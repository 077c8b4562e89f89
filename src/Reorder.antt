-- ===== src/Reorder.antt =====
-- `_reorder`: moving a queued job within its lane, in src/queuer/db.py.
pub mod Accepted
use custom_queuer.Prelude.{
  Bool, List, Option, elem, false, if◌then◌else◌, map, none, not, some, true, ℕ, ◌==◌,
}
use custom_queuer.Tables.{
  Exec, Job, commit, deadlock, does_not_exist, get_job, get_tables, guard, key_error, not_queued,
  out_of_fuel, pure, reorder_self, set_position, throw, try_rollback, update, ◌>>=◌, ◌>>◌,
}
use custom_queuer.Queue.{position_beside, queued_ids_ordered}
use custom_queuer.Deadlock.{Answer, find_deadlock, loop, no_fuel, no_loop, no_parent}

-- `set(_queued_ids_ordered(...))`
abbrev in_ids : ℕ → List ℕ → Bool
in_ids job_id ids = elem job_id ids

abbrev require_job : ℕ → Option Job → Exec Job
require_job job_id none = throw (does_not_exist job_id)
require_job job_id (some j) = pure j

-- `if loop: conn.rollback(); raise`
abbrev pub undo_loop : Answer → Exec (Unit {0})
undo_loop no_loop = pure tt
undo_loop no_fuel = throw out_of_fuel
undo_loop no_parent = throw key_error
undo_loop (loop l) = try_rollback (throw (deadlock (map (λ x. x.0) l)))

unfoldable pub reorder : ℕ → ℕ → Bool → Exec (Unit {0})
unfolding get_job queued_ids_ordered position_beside set_position find_deadlock elem
reorder job_id target_id after = do
  guard (not (job_id == target_id)) reorder_self
  db ← get_tables
  job ← require_job job_id (get_job db job_id)
  let ids = queued_ids_ordered db job.channel job.is_priority
  guard (in_ids job_id ids) (not_queued job_id)
  guard (in_ids target_id ids) (not_queued target_id)
  new_position ← position_beside target_id job.channel job.is_priority after (some job_id)
  update (set_position job_id (some new_position))
  db' ← get_tables
  (if job.is_priority then pure tt else undo_loop (find_deadlock db' job_id))
  commit

unfoldable pub reorder_before : ℕ → ℕ → Exec (Unit {0})
unfolding reorder
reorder_before job_id before_id = reorder job_id before_id false

unfoldable pub reorder_after : ℕ → ℕ → Exec (Unit {0})
unfolding reorder
reorder_after job_id after_id = reorder job_id after_id true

^^^^

## Instructions to follow
For this exercise, set down the entire listing above exactly as given.

## Response area
repository 077c8b4562e89f89
filename src/Reorder.antt
-- ===== src/Reorder.antt =====
-- `_reorder`: moving a queued job within its lane, in src/queuer/db.py.
pub mod Accepted
use custom_queuer.Prelude.{
  Bool, List, Option, elem, false, if◌then◌else◌, map, none, not, some, true, ℕ, ◌==◌,
}
use custom_queuer.Tables.{
  Exec, Job, commit, deadlock, does_not_exist, get_job, get_tables, guard, key_error, not_queued,
  out_of_fuel, pure, reorder_self, set_position, throw, try_rollback, update, ◌>>=◌, ◌>>◌,
}
use custom_queuer.Queue.{position_beside, queued_ids_ordered}
use custom_queuer.Deadlock.{Answer, find_deadlock, loop, no_fuel, no_loop, no_parent}

-- `set(_queued_ids_ordered(...))`
abbrev in_ids : ℕ → List ℕ → Bool
in_ids job_id ids = elem job_id ids

abbrev require_job : ℕ → Option Job → Exec Job
require_job job_id none = throw (does_not_exist job_id)
require_job job_id (some j) = pure j

-- `if loop: conn.rollback(); raise`
abbrev pub undo_loop : Answer → Exec (Unit {0})
undo_loop no_loop = pure tt
undo_loop no_fuel = throw out_of_fuel
undo_loop no_parent = throw key_error
undo_loop (loop l) = try_rollback (throw (deadlock (map (λ x. x.0) l)))

unfoldable pub reorder : ℕ → ℕ → Bool → Exec (Unit {0})
unfolding get_job queued_ids_ordered position_beside set_position find_deadlock elem
reorder job_id target_id after = do
  guard (not (job_id == target_id)) reorder_self
  db ← get_tables
  job ← require_job job_id (get_job db job_id)
  let ids = queued_ids_ordered db job.channel job.is_priority
  guard (in_ids job_id ids) (not_queued job_id)
  guard (in_ids target_id ids) (not_queued target_id)
  new_position ← position_beside target_id job.channel job.is_priority after (some job_id)
  update (set_position job_id (some new_position))
  db' ← get_tables
  (if job.is_priority then pure tt else undo_loop (find_deadlock db' job_id))
  commit

unfoldable pub reorder_before : ℕ → ℕ → Exec (Unit {0})
unfolding reorder
reorder_before job_id before_id = reorder job_id before_id false

unfoldable pub reorder_after : ℕ → ℕ → Exec (Unit {0})
unfolding reorder
reorder_after job_id after_id = reorder job_id after_id true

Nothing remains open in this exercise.